Atlas is two things: enhancements to individual open source projects ("pro"
version if that helps), and a unification between our projects to give a full
dev to prod pipeline.

Per open source project we have, it adds features on top of it we felt didn't
fit within the scope of the open source project itself. Example: Vagrant box
hosting, Vagrant share (requires a server), Packer builds, Packer artifact
hosting, Consul UI, Consul alerts, Consul alert history, Terraform
collaboration, Terraform state storage, Terraform run locks, GitHub triggering
Terraform, etc. These are all features that enhance an individual HashiCorp
project. I'm not going to explain each here, since they're explained in the
blog post and of course expect an understanding of that individual project.

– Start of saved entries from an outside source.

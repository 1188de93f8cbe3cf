-- ===== src/Scheduler/Manager/Running.antt =====
-- Which scanners the manager of internal/scheduler/scheduler_manager.go has.
use smart_scanner.Common.{
  String, ◌≡◌, refl, sym, ap, ◌∙◌, inl, inr, Bool, true, false, Option, none, some, List, [], ◌∷◌,
  Outcome, ok, err, is_ok, if◌then◌else◌, str_eq, look_up, insert, remove, look_up-insert,
  look_up-remove, Option-cases, Bool-cases, Outcome-cases, str_eq_iff, ok-injective, arith,
}
use mathlib.Core.Bool.{true≢false}
use smart_scanner.Scheduler.Manager.{
  Scanners, ScannerMap, SchedulerError, no_scanners, build, build_all, initialize_scanners,
  add_scanner, remove_scanner,
}

abbrev pub has : String → List String → Bool
has c [] = false
has c (d ∷ ds) = let rest = has c ds in if str_eq c d then true else rest

if_same {ℓ} : {A : Type ℓ} (b : Bool) (x : A) → (if b then x else x) ≡ x
if_same true x = refl
if_same false x = refl

module _ (sc : Scanners) where
  open sc use {Scanner, World}

  abbrev pub built : String → Option Scanner
  built c = elim (build sc c) [ ok s ↦ some s | err e ↦ none ]

  -- The scanner that is built, else what there was.
  abbrev or_built : String → Option Scanner → Option Scanner
  or_built c old = elim (build sc c) [ ok s ↦ some s | err e ↦ old ]

  build_all-look_up :
      (chains : List String) (m : ScannerMap sc) (c : String)
      → look_up c (build_all sc chains m)
        ≡ (if has c chains then or_built c (look_up c m) else look_up c m)
  unfolding build_all
  build_all-look_up [] m c = refl
  build_all-look_up (d ∷ chains) m c = elim (Outcome-cases (build sc d)) [
    | inl (s, e) ↦
        let more = build_all-look_up chains (insert d s m) c in
        let found = look_up-insert c d s m in
        elim (Bool-cases (str_eq c d)) [
          | inl same ↦
              let here : build sc c ≡ ok s = ap (build sc) ((str_eq_iff c d).0 same) ∙ e in
              rw (e, same, more, found, same, or_built, here) (if_same (has c chains) (some s))
          | inr other ↦ rw (e, other, more, found, other) refl
        ]
    | inr (x, e) ↦
        let more = build_all-look_up chains m c in
        elim (Bool-cases (str_eq c d)) [
          | inl same ↦
              let here : build sc c ≡ err x = ap (build sc) ((str_eq_iff c d).0 same) ∙ e in
              rw (e, same, more, or_built, here) (if_same (has c chains) (look_up c m))
          | inr other ↦ rw (e, other, more) refl
        ]
  ]

  initialized :
      (m m' : ScannerMap sc)
      → (elim m as (λ _. Outcome SchedulerError (ScannerMap sc)) [
        | [] ↦ err no_scanners
        | s ∷ rest ↦ ok (s ∷ rest)
      ])
        ≡ ok m'
      → m ≡ m'
  initialized [] m' bad = absurd (true≢false (sym (ap is_ok bad)))
  initialized (s ∷ rest) m' done = ok-injective done

  -- Once the scanners are initialised, a chain has a scanner exactly if it is enabled and its scanner was
  -- built, and it has that one.
  pub initialize_scanners-look_up :
      (m : ScannerMap sc) (c : String)
      → initialize_scanners sc ≡ ok m
      → look_up c m ≡ (if has c sc.enabled_chains then built c else none)
  unfolding initialize_scanners
  initialize_scanners-look_up m c done =
      let all = build_all-look_up sc.enabled_chains [] c in
      let same : build_all sc sc.enabled_chains [] ≡ m =
        initialized (build_all sc sc.enabled_chains []) m done in
      ap (look_up c) (sym same) ∙ all

  add_scanner-ok :
      (c : String) (m : ScannerMap sc) (w : World)
      → (add_scanner sc c (m, w)).0 ≡ ok tt
      → (s : Scanner) × (look_up c m ≡ none) × ((add_scanner sc c (m, w)).1.0 ≡ insert c s m)
  unfolding add_scanner
  add_scanner-ok c m w = elim (Option-cases (look_up c m)) [
    | inr (old, e) ↦ rw (e, add_scanner) (λ bad. absurd (true≢false (sym (ap is_ok bad))))
    | inl free ↦ elim (Outcome-cases (build sc c)) [
      | inr (x, e) ↦ rw (free, add_scanner, e) (λ bad. absurd (true≢false (sym (ap is_ok bad))))
      | inl (s, e) ↦ elim (Outcome-cases (sc.start_scanner s w).0) [
        | inr (x, q) ↦
            rw (free, add_scanner, e, q) (λ bad. absurd (true≢false (sym (ap is_ok bad))))
        | inl (u, q) ↦ rw (free, add_scanner, e, q) (λ done. (s, refl, refl))
      ]
    ]
  ]

  remove_scanner-ok :
      (c : String) (m : ScannerMap sc) (w : World)
      → (remove_scanner sc c (m, w)).0 ≡ ok tt
      → (remove_scanner sc c (m, w)).1.0 ≡ remove c m
  unfolding remove_scanner
  remove_scanner-ok c m w = elim (Option-cases (look_up c m)) [
    | inl none_there ↦
        rw (none_there, remove_scanner) (λ bad. absurd (true≢false (sym (ap is_ok bad))))
    | inr (s, e) ↦ elim (Outcome-cases (sc.stop_scanner s w).0) [
      | inr (x, q) ↦ rw (e, remove_scanner, q) (λ bad. absurd (true≢false (sym (ap is_ok bad))))
      | inl (u, q) ↦ rw (e, remove_scanner, q) (λ done. refl)
    ]
  ]

  -- A scanner that was added and then removed leaves the scanners of all chains as they were.
  pub remove_scanner-add_scanner :
      (c d : String) (m : ScannerMap sc) (w w' : World)
      → (add_scanner sc c (m, w)).0 ≡ ok tt
      → let added = (add_scanner sc c (m, w)).1.0 in
        (remove_scanner sc c (added, w')).0 ≡ ok tt
        → look_up d (remove_scanner sc c (added, w')).1.0 ≡ look_up d m
  remove_scanner-add_scanner c d m w w' added removed =
      let (s, free, there) = add_scanner-ok c m w added in
      let gone = remove_scanner-ok c (add_scanner sc c (m, w)).1.0 w' removed in
      let left : look_up d (remove c (insert c s m)) ≡ look_up d m =
        ground (arith, look_up-remove d c (insert c s m), look_up-insert d c s m, str_eq_iff d c) in
      ap (look_up d) gone ∙ ap (λ x. look_up d (remove c x)) there ∙ left
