-- ===== src/Util/SharedStream/Fifo.antt =====
-- The queue between `feed` and the sink: first in, first out, until it is closed.
use tws_rust.Prelude.{
  ℕ, zero, suc, List, [], ◌∷◌, ◌++◌, true, false, length, ◌≡◌, refl, sym, ap, ap₂, ◌∙◌, arith,
  append_assoc, append-nil,
}
use tws_rust.Util.Throttling.{ready, ThrottlingHandler}
use tws_rust.Util.SharedStream.{
  SharedState, Event, feeds, polls, closes, clones, drops, close, drop_writer, clone, popped,
  pushed, relieve, poll, press, feed, step, run_events, emitted,
}

-- The items that a list of events feeds.
abbrev pub fed : {I : Type 0} → List (Event I) → List I
fed [] = []
fed (feeds now item ∷ es) = item ∷ fed es
fed (polls now current ∷ es) = fed es
fed (closes ∷ es) = fed es
fed (clones ∷ es) = fed es
fed (drops ∷ es) = fed es

abbrev poll_times : {I : Type 0} → ℕ → ℕ → ℕ → List (Event I)
poll_times zero now current = []
poll_times (suc n) now current = polls now current ∷ poll_times n now current

module _ {I S : Type 0} (get_size : I → ℕ) (h : ThrottlingHandler S) where
  relieve_queue : (s : SharedState I S) → (relieve get_size h s).queue ≡ s.queue
  unfolding relieve
  relieve_queue s = ground arith

  pub press_queue : (now : ℕ) (s : SharedState I S) → (press get_size h now s).queue ≡ s.queue
  unfolding press
  press_queue now s = ground arith

  pub relieve_finished : (s : SharedState I S) → (relieve get_size h s).finished ≡ s.finished
  unfolding relieve
  relieve_finished s = ground arith

  pub press_finished :
      (now : ℕ) (s : SharedState I S) → (press get_size h now s).finished ≡ s.finished
  unfolding press
  press_finished now s = ground arith

  poll_fifo :
      (now current : ℕ) (s : SharedState I S) (q : List I)
      → s.queue ≡ q
      → (poll get_size h now current s).1.finished ≡ false
      → (s.finished ≡ false)
        × (emitted (poll get_size h now current s).0 ++ (poll get_size h now current s).1.queue
            ≡ s.queue)
  unfolding poll
  poll_fifo now current s [] e live = ground arith
  poll_fifo now current s (item ∷ rest) e live = ground (
    arith,
    relieve_queue (popped get_size h now current item rest s),
    relieve_finished (popped get_size h now current item rest s),
  )

  step_fifo :
      (e : Event I) (s : SharedState I S)
      → (step get_size h e s).1.finished ≡ false
      → (s.finished ≡ false)
        × ((step get_size h e s).0 ++ (step get_size h e s).1.queue ≡ s.queue ++ fed (e ∷ []))
  unfolding step feed close clone drop_writer
  step_fifo (feeds now item) s live =
      ground (arith, press_queue now (pushed item s), press_finished now (pushed item s))
  step_fifo (polls now current) s live =
      let (before, same) = poll_fifo now current s s.queue refl live in
      (before, same ∙ sym (append-nil s.queue))
  step_fifo closes s live = ground (arith, append-nil s.queue)
  step_fifo clones s live = ground (arith, append-nil s.queue)
  step_fifo drops s live = ground (arith, append-nil s.queue)

  fed-cons : (e : Event I) (es : List (Event I)) → fed (e ∷ es) ≡ fed (e ∷ []) ++ fed es
  fed-cons (feeds now item) es = refl
  fed-cons (polls now current) es = refl
  fed-cons closes es = refl
  fed-cons clones es = refl
  fed-cons drops es = refl

  -- As long as the stream has not been closed, what has reached the sink and what is still queued are
  -- together, in order, exactly what was queued at first and what has been fed since.
  pub run_events_fifo :
      (es : List (Event I)) (s : SharedState I S)
      → (run_events get_size h es s).1.finished ≡ false
      → (s.finished ≡ false)
        × ((run_events get_size h es s).0 ++ (run_events get_size h es s).1.queue
            ≡ s.queue ++ fed es)
  unfolding run_events
  run_events_fifo [] s live = (live, sym (append-nil s.queue))
  run_events_fifo (e ∷ es) s live =
      let (out, s') = step get_size h e s in
      let (middle, later) = run_events_fifo es s' live in
      let (first, now) = step_fifo e s middle in
      (
        first,
        append_assoc out (run_events get_size h es s').0 (run_events get_size h es s').1.queue
            ∙ ap (λ r. out ++ r) later
            ∙ sym (append_assoc out s'.queue (fed es))
            ∙ ap (λ r. r ++ fed es) now
            ∙ append_assoc s.queue (fed (e ∷ [])) (fed es)
            ∙ ap (λ r. s.queue ++ r) (sym (fed-cons e es)),
      )

  step_closed :
      (e : Event I) (s : SharedState I S)
      → s.finished ≡ true
      → ((step get_size h e s).0 ≡ [])
        × ((step get_size h e s).1.finished ≡ true)
        × ((step get_size h e s).1.queue ≡ s.queue)
  unfolding step feed poll close clone drop_writer
  step_closed (feeds now item) s over = ground arith
  step_closed (polls now current) s over = ground arith
  step_closed closes s over = ground arith
  step_closed clones s over = ground arith
  step_closed drops s over = ground arith

  -- Once closed, a stream stays closed and gives nothing more, whatever is fed.
  pub run_events_closed :
      (es : List (Event I)) (s : SharedState I S)
      → s.finished ≡ true
      → ((run_events get_size h es s).0 ≡ [])
        × ((run_events get_size h es s).1.finished ≡ true)
        × ((run_events get_size h es s).1.queue ≡ s.queue)
  unfolding run_events
  run_events_closed [] s over = (refl, over, refl)
  run_events_closed (e ∷ es) s over =
      let (silent, still, same) = step_closed e s over in
      let (silent', still', same') = run_events_closed es (step get_size h e s).1 still in
      (ap₂ ◌++◌ silent silent', still', same' ∙ same)

  poll_first :
      (now current : ℕ) (item : I) (rest : List I) (s : SharedState I S)
      → s.finished ≡ false
      → s.queue ≡ item ∷ rest
      → ((poll get_size h now current s).0 ≡ ready item)
        × ((poll get_size h now current s).1.finished ≡ false)
        × ((poll get_size h now current s).1.queue ≡ rest)
  unfolding poll
  poll_first now current item rest s live e = ground (
    arith,
    relieve_queue (popped get_size h now current item rest s),
    relieve_finished (popped get_size h now current item rest s),
  )

  -- An open stream is drained: as many polls as there are items queued give all of them, in order.
  poll_times_drain :
      (now current : ℕ) (q : List I) (s : SharedState I S)
      → s.finished ≡ false
      → s.queue ≡ q
      → ((run_events get_size h (poll_times (length q) now current) s).0 ≡ q)
        × ((run_events get_size h (poll_times (length q) now current) s).1.queue ≡ [])
  unfolding run_events step
  poll_times_drain now current [] s live e = (refl, e)
  poll_times_drain now current (item ∷ rest) s live e =
      let (given, live', rest') = poll_first now current item rest s live e in
      let (out, empty) =
        poll_times_drain now current rest (poll get_size h now current s).1 live' rest' in
      (ground (arith, given, out), empty)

Then, Atlas unifies them: code push (Git, CI, etc.) triggers an automatic
Packer build which triggers a Terraform plan which triggers a Slack message
asking for approval to deploy which can then be deployed with a single button
which then causes the Consul UI to update with the latest info.

You can do this with our open source, purely, and many do. This was the
inspiration behind Atlas: the companies adopting our open source projects want
a complete story, and they're building it on their own, but they'd rather buy
it from us. Atlas is us delivering that full dev to prod story.

If you're a HashiCorp user, Atlas is valuable if you're using an indivual
project OR if you're looking for a complete deployment solution.

I hope this helps a lot more.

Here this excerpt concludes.